**Task to complete**
Restate word for word the lines of the records below, starting at the line that contains "unfoldable pub clamp_fps" and ending at the line that contains "clamp_requested_settings l req", with both of those lines included and nothing else.

═══ Supplied material

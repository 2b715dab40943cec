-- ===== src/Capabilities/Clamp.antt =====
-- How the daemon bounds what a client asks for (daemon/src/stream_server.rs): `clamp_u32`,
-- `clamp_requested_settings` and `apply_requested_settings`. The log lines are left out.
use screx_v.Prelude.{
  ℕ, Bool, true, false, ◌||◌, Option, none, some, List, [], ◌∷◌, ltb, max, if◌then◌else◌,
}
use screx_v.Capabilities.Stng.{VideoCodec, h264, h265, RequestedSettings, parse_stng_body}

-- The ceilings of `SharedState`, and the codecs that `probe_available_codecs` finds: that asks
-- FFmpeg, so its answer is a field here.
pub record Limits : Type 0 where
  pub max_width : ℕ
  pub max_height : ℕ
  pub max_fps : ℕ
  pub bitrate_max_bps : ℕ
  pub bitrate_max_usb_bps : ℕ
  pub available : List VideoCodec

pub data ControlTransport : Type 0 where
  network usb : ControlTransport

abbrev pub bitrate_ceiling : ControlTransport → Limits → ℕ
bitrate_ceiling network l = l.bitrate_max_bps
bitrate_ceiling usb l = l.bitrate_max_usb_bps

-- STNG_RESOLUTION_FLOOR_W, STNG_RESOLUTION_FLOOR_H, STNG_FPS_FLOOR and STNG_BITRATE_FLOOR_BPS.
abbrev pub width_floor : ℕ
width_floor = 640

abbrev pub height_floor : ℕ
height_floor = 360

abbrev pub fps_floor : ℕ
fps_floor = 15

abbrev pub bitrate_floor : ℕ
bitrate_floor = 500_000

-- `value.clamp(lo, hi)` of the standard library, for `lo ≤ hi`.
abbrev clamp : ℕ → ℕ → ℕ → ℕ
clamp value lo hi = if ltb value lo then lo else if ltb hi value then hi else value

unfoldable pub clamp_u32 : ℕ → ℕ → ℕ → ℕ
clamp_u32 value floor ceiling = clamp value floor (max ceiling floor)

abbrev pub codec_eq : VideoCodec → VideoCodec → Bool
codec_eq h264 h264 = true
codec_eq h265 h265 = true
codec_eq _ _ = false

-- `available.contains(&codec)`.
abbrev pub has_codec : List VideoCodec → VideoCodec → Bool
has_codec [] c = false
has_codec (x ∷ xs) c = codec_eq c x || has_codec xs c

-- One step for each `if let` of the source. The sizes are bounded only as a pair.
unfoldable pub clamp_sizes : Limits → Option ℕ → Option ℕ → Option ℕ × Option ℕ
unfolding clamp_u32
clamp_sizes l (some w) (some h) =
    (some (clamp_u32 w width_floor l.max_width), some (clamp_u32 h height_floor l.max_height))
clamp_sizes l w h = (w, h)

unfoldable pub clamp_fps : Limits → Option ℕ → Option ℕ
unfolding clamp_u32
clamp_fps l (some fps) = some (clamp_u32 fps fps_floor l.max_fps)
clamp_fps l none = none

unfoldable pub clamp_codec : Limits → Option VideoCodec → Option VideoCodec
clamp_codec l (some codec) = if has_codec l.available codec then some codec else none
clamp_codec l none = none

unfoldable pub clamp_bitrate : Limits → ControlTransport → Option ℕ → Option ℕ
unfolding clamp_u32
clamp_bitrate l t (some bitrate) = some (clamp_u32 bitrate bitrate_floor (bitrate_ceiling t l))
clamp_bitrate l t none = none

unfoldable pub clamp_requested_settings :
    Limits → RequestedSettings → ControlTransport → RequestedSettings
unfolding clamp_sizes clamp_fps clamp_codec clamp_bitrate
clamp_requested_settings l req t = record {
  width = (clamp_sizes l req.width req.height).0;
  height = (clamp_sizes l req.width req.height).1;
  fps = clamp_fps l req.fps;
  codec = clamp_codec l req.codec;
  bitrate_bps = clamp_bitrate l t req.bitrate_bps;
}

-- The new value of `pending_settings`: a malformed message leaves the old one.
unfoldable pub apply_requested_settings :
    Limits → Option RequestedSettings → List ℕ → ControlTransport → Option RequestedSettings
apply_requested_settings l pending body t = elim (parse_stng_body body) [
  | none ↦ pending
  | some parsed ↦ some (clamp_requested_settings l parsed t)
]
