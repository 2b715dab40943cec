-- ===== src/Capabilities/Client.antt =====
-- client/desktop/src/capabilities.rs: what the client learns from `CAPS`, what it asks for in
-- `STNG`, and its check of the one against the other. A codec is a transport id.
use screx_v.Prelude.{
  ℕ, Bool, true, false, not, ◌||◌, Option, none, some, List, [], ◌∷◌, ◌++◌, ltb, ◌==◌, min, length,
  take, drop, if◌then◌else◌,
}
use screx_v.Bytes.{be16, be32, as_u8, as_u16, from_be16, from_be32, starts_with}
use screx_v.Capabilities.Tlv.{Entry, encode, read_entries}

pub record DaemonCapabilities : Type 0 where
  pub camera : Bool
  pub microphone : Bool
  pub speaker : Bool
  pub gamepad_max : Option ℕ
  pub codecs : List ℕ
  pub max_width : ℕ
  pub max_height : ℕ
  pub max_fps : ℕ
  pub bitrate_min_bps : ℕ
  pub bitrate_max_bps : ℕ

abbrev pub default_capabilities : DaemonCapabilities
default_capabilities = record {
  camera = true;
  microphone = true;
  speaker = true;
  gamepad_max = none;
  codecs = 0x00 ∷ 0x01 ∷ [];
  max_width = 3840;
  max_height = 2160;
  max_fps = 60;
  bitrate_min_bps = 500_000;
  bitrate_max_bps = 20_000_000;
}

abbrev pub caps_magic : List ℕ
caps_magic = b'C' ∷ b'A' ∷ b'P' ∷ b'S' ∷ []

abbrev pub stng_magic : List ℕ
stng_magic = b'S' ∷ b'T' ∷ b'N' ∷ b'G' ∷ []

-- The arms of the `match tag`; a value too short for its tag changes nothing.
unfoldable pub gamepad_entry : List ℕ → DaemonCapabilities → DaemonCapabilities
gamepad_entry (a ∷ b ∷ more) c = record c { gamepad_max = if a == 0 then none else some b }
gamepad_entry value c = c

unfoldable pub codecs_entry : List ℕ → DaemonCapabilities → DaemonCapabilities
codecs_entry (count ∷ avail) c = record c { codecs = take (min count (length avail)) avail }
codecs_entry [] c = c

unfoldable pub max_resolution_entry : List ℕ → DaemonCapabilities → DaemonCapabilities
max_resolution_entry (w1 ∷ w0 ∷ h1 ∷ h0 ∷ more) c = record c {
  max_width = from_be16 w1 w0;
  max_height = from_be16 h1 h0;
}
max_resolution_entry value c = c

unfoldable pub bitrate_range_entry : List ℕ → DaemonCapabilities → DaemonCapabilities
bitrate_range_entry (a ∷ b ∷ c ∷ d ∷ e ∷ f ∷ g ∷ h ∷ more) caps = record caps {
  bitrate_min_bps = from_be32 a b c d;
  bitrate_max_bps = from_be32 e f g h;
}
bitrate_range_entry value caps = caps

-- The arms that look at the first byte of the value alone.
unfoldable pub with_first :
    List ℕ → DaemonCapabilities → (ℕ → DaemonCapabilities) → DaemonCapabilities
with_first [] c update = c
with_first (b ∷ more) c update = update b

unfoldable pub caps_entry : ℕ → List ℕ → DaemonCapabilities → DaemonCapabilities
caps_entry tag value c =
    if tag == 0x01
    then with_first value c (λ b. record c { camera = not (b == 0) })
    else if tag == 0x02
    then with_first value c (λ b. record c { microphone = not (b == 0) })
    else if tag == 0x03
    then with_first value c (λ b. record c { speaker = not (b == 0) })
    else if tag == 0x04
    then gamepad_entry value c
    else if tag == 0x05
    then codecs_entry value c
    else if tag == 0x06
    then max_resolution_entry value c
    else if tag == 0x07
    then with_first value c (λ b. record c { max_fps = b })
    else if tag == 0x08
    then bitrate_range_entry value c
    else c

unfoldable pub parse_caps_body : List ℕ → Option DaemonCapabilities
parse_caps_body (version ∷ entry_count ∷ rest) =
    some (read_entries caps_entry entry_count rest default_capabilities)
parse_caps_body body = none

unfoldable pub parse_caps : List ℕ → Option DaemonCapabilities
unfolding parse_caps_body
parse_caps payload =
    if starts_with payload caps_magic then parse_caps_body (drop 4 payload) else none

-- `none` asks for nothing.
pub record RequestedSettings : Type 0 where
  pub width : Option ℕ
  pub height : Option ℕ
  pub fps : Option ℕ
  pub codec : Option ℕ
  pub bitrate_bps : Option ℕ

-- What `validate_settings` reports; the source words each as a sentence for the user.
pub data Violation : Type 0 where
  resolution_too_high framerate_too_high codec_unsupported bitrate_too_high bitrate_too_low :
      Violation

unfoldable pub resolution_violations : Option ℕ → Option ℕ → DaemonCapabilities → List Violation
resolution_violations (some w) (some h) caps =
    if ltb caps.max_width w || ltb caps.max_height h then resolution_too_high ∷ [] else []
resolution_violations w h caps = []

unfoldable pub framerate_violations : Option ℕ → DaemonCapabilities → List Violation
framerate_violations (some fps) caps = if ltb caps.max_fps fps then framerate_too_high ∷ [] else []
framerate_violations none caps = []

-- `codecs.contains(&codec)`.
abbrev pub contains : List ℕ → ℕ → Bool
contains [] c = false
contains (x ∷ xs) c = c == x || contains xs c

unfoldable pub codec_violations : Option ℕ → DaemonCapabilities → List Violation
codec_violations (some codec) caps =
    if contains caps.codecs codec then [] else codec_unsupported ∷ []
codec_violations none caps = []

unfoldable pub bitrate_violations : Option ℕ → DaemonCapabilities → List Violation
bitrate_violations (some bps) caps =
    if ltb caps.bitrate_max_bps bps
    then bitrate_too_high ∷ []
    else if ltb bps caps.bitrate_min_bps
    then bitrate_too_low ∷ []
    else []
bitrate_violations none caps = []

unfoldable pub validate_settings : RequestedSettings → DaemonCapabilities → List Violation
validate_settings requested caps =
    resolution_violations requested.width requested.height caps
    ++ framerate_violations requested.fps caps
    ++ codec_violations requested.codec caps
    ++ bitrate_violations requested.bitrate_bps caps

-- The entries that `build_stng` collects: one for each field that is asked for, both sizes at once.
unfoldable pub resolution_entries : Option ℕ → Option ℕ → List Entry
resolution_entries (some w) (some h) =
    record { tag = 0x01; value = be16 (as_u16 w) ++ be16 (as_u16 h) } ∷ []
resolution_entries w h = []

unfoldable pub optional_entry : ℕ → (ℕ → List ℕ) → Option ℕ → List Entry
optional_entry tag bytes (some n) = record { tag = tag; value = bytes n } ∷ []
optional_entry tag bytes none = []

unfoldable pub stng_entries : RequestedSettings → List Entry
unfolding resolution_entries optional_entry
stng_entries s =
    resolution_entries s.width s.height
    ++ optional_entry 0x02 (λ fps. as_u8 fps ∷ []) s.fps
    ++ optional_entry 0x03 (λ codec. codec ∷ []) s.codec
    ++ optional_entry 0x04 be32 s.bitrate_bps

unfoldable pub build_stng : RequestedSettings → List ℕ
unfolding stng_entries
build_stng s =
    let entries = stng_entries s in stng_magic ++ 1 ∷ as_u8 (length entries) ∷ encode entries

══════
═══ Supplied material

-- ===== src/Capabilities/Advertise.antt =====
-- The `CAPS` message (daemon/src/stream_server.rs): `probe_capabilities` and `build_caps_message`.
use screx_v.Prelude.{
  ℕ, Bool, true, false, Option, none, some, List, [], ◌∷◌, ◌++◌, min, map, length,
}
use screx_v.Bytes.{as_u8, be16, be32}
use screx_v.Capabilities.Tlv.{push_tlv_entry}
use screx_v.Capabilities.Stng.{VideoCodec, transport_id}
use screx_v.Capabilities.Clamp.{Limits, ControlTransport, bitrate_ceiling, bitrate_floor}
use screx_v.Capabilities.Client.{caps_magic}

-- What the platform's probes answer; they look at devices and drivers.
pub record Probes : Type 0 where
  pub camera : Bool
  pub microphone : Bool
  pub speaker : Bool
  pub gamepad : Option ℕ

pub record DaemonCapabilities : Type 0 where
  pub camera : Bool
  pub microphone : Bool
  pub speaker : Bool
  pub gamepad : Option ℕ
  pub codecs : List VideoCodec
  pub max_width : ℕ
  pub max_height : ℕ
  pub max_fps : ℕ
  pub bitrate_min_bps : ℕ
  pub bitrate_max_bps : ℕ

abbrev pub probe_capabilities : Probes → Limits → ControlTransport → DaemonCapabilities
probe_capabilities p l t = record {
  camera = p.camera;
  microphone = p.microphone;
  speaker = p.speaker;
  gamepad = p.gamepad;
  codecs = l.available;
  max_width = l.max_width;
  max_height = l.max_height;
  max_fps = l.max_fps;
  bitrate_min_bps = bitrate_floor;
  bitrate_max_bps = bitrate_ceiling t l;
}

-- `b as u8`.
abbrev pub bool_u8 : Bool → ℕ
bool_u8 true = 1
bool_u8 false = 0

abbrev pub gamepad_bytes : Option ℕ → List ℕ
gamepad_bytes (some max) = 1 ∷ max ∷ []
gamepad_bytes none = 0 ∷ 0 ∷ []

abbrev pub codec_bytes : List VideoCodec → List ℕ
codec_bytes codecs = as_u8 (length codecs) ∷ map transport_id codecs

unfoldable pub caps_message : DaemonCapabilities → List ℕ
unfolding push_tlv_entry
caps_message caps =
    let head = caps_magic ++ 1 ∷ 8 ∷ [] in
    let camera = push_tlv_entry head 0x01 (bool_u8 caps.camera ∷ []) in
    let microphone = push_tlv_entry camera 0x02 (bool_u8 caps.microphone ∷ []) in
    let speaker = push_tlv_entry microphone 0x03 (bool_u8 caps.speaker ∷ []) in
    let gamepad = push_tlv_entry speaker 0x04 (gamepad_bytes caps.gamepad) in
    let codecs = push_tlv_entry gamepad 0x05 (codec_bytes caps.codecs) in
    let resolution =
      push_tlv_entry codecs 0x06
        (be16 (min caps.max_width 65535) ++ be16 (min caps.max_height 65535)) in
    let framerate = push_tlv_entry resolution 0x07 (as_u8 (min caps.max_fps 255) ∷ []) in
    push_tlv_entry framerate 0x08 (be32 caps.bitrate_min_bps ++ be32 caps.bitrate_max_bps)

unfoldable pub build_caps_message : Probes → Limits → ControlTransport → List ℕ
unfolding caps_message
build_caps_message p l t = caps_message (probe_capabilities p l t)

══════

**The completed task**
unfoldable pub clamp_fps : Limits → Option ℕ → Option ℕ
unfolding clamp_u32
clamp_fps l (some fps) = some (clamp_u32 fps fps_floor l.max_fps)
clamp_fps l none = none

unfoldable pub clamp_codec : Limits → Option VideoCodec → Option VideoCodec
clamp_codec l (some codec) = if has_codec l.available codec then some codec else none
clamp_codec l none = none

unfoldable pub clamp_bitrate : Limits → ControlTransport → Option ℕ → Option ℕ
unfolding clamp_u32
clamp_bitrate l t (some bitrate) = some (clamp_u32 bitrate bitrate_floor (bitrate_ceiling t l))
clamp_bitrate l t none = none

unfoldable pub clamp_requested_settings :
    Limits → RequestedSettings → ControlTransport → RequestedSettings
unfolding clamp_sizes clamp_fps clamp_codec clamp_bitrate
clamp_requested_settings l req t = record {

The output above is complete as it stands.